Moazzenzadeh Mahta, Samadpour Mahmoud
Department of Physics, K. N. Toosi University of Technology, Tehran, Iran.
Sci Rep. 2025 Apr 1;15(1):11176. doi: 10.1038/s41598-025-95906-x.
In recent years, the utilization of silicon, rather than graphite, has emerged as a compelling alternative for anode materials in Li-ion batteries, promising higher energy density. However, a significant challenge lies in the degradation of silicon anodes due to volume fluctuations during charge and discharge cycles, resulting in a rapid decline in battery capacity. To tackle this issue, researchers are investigating the integration of self-healing polymers as binding agents in the anode structure through trial-and-error approaches, which is both time-consuming and expensive. Overcoming practical experimentation challenges, this study delves self-healing polymers through machine learning methods as a more practical approach. The role of structural features and functional groups within these polymers in maintaining anode integrity and prolonging battery capacity across multiple charge cycles were explored by utilization of random forest, ridge algorithms, support vector machines, and neural networks. Notably, the neural networks algorithm exhibits superior performance, achieving 96% accuracy for test data. SHAP analysis revealed that ether functional groups, donor and acceptor hydrogen bonds, and dual-interconnected rings have the most positive impact on preserving battery capacity. In this study, we introduce a set of design principles for selecting functional groups aimed at enhancing the self-healing capabilities and prolonging the lifespan of Si-based LIBs. This study has the potential to pave the way for the development of more efficient and enduring Li-ion batteries.

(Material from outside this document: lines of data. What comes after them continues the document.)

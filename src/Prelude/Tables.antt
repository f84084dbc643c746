-- ===== src/Prelude/Tables.antt =====
-- Python's dict with text keys and values of any type, as an association list in insertion order.
use Prim.Native.String.{String}
use mathlib.Core.Path.{◌≡◌, refl}
use mathlib.Core.Option.{Option, none, some}
use mathlib.Core.Bool.{false}
use mathlib.Core.List.{List, [], ◌∷◌}
use native.Mathlib.Omega.{arith}
use inferspect.Prelude.Tests.{str_eq, eq_iff, if◌then◌else◌}

module _ {ℓ} {V : Type ℓ} where
  -- `d.get(k)`
  unfoldable pub find : String → List (String × V) → Option V
  find k [] = none
  find k ((j, v) ∷ t) = if str_eq j k then some v else find k t

  -- `d[k] = v`
  unfoldable pub put : String → V → List (String × V) → List (String × V)
  put k v [] = (k, v) ∷ []
  put k v ((j, w) ∷ t) = if str_eq j k then (j, v) ∷ t else (j, w) ∷ put k v t

  -- `d.pop(k, None)`, as the dict that is left.
  unfoldable pub remove : String → List (String × V) → List (String × V)
  remove k [] = []
  remove k ((j, v) ∷ t) = let rest = remove k t in if str_eq j k then rest else (j, v) ∷ rest

  pub find-put :
      (k j : String) (v : V) (t : List (String × V))
      → find j (put k v t) ≡ (if str_eq k j then some v else find j t)
  unfolding find put
  find-put k j v [] = refl
  find-put k j v ((i, w) ∷ t) = ground (arith, eq_iff k j, eq_iff i k, eq_iff i j, find-put k j v t)

  pub find-remove :
      (k j : String) (t : List (String × V))
      → find j (remove k t) ≡ (if str_eq k j then none else find j t)
  unfolding find remove
  find-remove k j [] = ground arith
  find-remove k j ((i, w) ∷ t) =
      ground (arith, eq_iff k j, eq_iff i k, eq_iff i j, find-remove k j t)

  -- A key that is apart keeps its value.
  pub put-other :
      (k j : String) (v w : V) (t : List (String × V))
      → str_eq k j ≡ false
      → find j t ≡ some w
      → find j (put k v t) ≡ some w
  put-other k j v w t away found = rw (find-put k j v t) (rw away found)

  pub remove-other :
      (k j : String) (w : V) (t : List (String × V))
      → str_eq k j ≡ false
      → find j t ≡ some w
      → find j (remove k t) ≡ some w
  remove-other k j w t away found = rw (find-remove k j t) (rw away found)
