-- ===== src/Sdk/Langchain.antt =====
-- packages/chatbot-sdk/chatbot_sdk/integrations/langchain.py: `SDKCallback`, which opens and closes a span
-- for each run of LangChain. `_inference_spans` and `_inference_cms` are written and popped
-- together, and a block's entry and exit do not wait, so the two stand as one dict from the run to
-- its open span; so do the dicts of the tools. A span that a second start of its run replaces is
-- left to the collector.
pub mod Runs
use inferspect.Prelude.{
  ℕ, String, Bool, true, false, ◌||◌, Option, none, some, List, [], ◌∷◌, ◌++◌, reverse, str_eq,
  str_startswith, if◌then◌else◌,
}
use inferspect.Prelude.Tables.{find, put, remove}
use inferspect.Value.{Value, Fields, str, obj, end, field, truthy, lookup, get}
use inferspect.Value.Codec.{Codec}
use inferspect.Sdk.Schema.{InferenceLog, ToolExecutionLog}
use inferspect.Sdk.Client.Chunk.{object, whole, nothing, Message, ToolCall}
use inferspect.Sdk.Client.Context.{Ids, current_context}
use inferspect.Sdk.Client.Span.{
  Opening, InferenceSpan, Ending, open_span, observe_chunk, set_response, finalize,
}
use inferspect.Sdk.Client.Tool.{ToolSpan, ToolOpening, open_tool, set_result, finalize_tool}
use inferspect.Sdk.Client.Logger.{Exit, returned, status_of, error_of}

-- What the module takes from Python and the SDK: `json`, `lower`, the length in bytes and the
-- redactor; and what the constructor is given.
pub record Handler : Type 0 where
  pub codec : Codec
  pub lower : String → String
  pub utf8_len : String → ℕ
  pub redact : String → String
  pub service : String
  pub ids : Ids
  pub model_hint : Option String

-- The keys of a run's metadata that are read.
pub record RunMetadata : Type 0 where
  pub ids : Ids
  pub ls_model_name : Option Value
  pub model : Option Value

-- A message in the nested lists of a start; its `content` is the empty text where it has none.
pub record LcMessage : Type 0 where
  pub type : Option String
  pub content : Value

pub data Entry : Type 0 where
  message : LcMessage → Entry
  batch : List LcMessage → Entry

-- A generation, with or without an attribute `message`.
pub data Generation : Type 0 where
  with_message : Option Message → Generation
  bare : Message → Generation

-- `_provider_for`
abbrev pub starts_any : List String → String → Bool
starts_any [] s = false
starts_any (p ∷ ps) s = str_startswith p s || starts_any ps s

unfoldable pub provider_for : (String → String) → String → String
provider_for lower name =
    if str_eq name ""
    then "unknown"
    else if starts_any ("gemini" ∷ "google" ∷ []) (lower name)
    then "google"
    else if starts_any ("gpt" ∷ "o1" ∷ "openai" ∷ []) (lower name)
    then "openai"
    else if starts_any ("claude" ∷ "anthropic" ∷ []) (lower name)
    then "anthropic"
    else "unknown"

-- The first of the keys that leads to a value that is true, as text.
abbrev first_named : Codec → List String → Fields → Option String
first_named c [] kwargs = none
first_named c (k ∷ ks) kwargs =
    let later = first_named c ks kwargs in
    elim (lookup k kwargs) [ none ↦ later | some v ↦ if truthy v then some (c.text v) else later ]

abbrev fields_of : Value → Fields
fields_of (obj fs) = fs
fields_of _ = end

abbrev dict_or_empty : Option Fields → Fields
dict_or_empty none = end
dict_or_empty (some fs) = fs

abbrev true_text : Codec → Option Value → Option String
true_text c none = none
true_text c (some v) = if truthy v then some (c.text v) else none

abbrev first_some {ℓ} : {A : Type ℓ} → Option A → Option A → Option A
first_some none later = later
first_some (some a) later = some a

-- `_model_from`
unfoldable pub model_from : Codec → Option Fields → RunMetadata → Option String → Option String
model_from c serialized metadata hint =
    first_some
      (first_named c ("model" ∷ "model_name" ∷ "deployment_name" ∷ [])
        (fields_of (get "kwargs" (dict_or_empty serialized))))
      (first_some (true_text c metadata.ls_model_name)
        (first_some (true_text c metadata.model) hint))

abbrev is_human : Option String → Bool
is_human none = false
is_human (some t) = str_eq t "human"

abbrev value_text : Codec → Value → String
value_text c (str s) = s
value_text c v = c.text v

abbrev first_human : Codec → List LcMessage → String
first_human c [] = ""
first_human c (m ∷ ms) =
    let later = first_human c ms in if is_human m.type then value_text c m.content else later

-- The messages among the entries: a list has no `type`.
abbrev messages_in : List Entry → List LcMessage
messages_in [] = []
messages_in (message m ∷ es) = m ∷ messages_in es
messages_in (batch ms ∷ es) = messages_in es

abbrev flat_from : List Entry → List Entry → List LcMessage
flat_from (batch ms ∷ es) entries = ms
flat_from _ entries = messages_in entries

-- `_last_human_text`
unfoldable pub last_human_text : Codec → List Entry → String
last_human_text c entries = first_human c (reverse (flat_from (reverse entries) entries))

abbrev last_of {ℓ} : {A : Type ℓ} → List A → Option A
last_of [] = none
last_of (x ∷ xs) = elim (last_of xs) [ none ↦ some x | some y ↦ some y ]

abbrev message_in : Generation → Option Message
message_in (with_message m) = m
message_in (bare m) = some m

-- `_final_ai_message`, of the attribute `generations`.
unfoldable pub final_ai_message : List (List Generation) → Option Message
final_ai_message gens = elim (last_of gens) [
  | none ↦ none
  | some gen ↦ elim (last_of gen) [ none ↦ none | some g ↦ message_in g ]
]

-- `_pick`: the constructor, then the metadata, then the context.
abbrev pick : Option String → Option String → Option String → Option String
pick given meta ctx = first_some given (first_some meta ctx)

-- `_ids_for`
unfoldable pub ids_for : Ids → RunMetadata → Option Ids → Ids
unfolding current_context
ids_for given metadata active =
    let ctx = current_context active in
    record {
      conversation_id = pick given.conversation_id metadata.ids.conversation_id ctx.conversation_id;
      session_id = pick given.session_id metadata.ids.session_id ctx.session_id;
      user_id = pick given.user_id metadata.ids.user_id ctx.user_id;
    }

-- The start of a run, with the context that is active and the id and the time of the new span.
pub record Start : Type 0 where
  pub run_id : String
  pub serialized : Option Fields
  pub metadata : RunMetadata
  pub active : Option Ids
  pub request_id : String
  pub started_at : ℕ

-- The state of an `SDKCallback`.
pub record SdkCallback : Type 0 where
  pub inference_runs : List (String × InferenceSpan)
  pub tool_runs : List (String × ToolSpan)
  pub last_inference_request_id : Option String
  pub tool_calls_made : List ToolCall

pub data SdkLog : Type 0 where
  of_inference : InferenceLog → SdkLog
  of_tool : ToolExecutionLog → SdkLog

abbrev or_unknown : Option String → String
or_unknown none = "unknown"
or_unknown (some m) = if str_eq m "" then "unknown" else m

abbrev provider_of : (String → String) → Option String → String
provider_of lower none = "unknown"
provider_of lower (some m) = provider_for lower m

近年来,使用硅而非石墨作为锂离子电池负极材料已成为一种极具吸引力的替代方案,有望实现更高的能量密度。然而,一个重大挑战在于,硅负极在充放电循环过程中会因体积波动而退化,导致电池容量迅速下降。为解决这一问题,研究人员正在通过反复试验的方法研究将自愈聚合物作为粘结剂集成到负极结构中,这种方法既耗时又昂贵。本研究克服了实际实验挑战,通过机器学习方法深入研究自愈聚合物,作为一种更实用的方法。利用随机森林、岭算法、支持向量机和神经网络,探索了这些聚合物中的结构特征和官能团在维持负极完整性以及在多个充电循环中延长电池容量方面的作用。值得注意的是,神经网络算法表现出卓越性能,对测试数据的准确率达到了96%。SHAP分析表明,醚官能团、供体和受体氢键以及双互连环对保持电池容量具有最积极的影响。在本研究中,我们引入了一套选择官能团的设计原则,旨在增强基于硅的锂离子电池的自愈能力并延长其使用寿命。这项研究有可能为开发更高效、更耐用的锂离子电池铺平道路。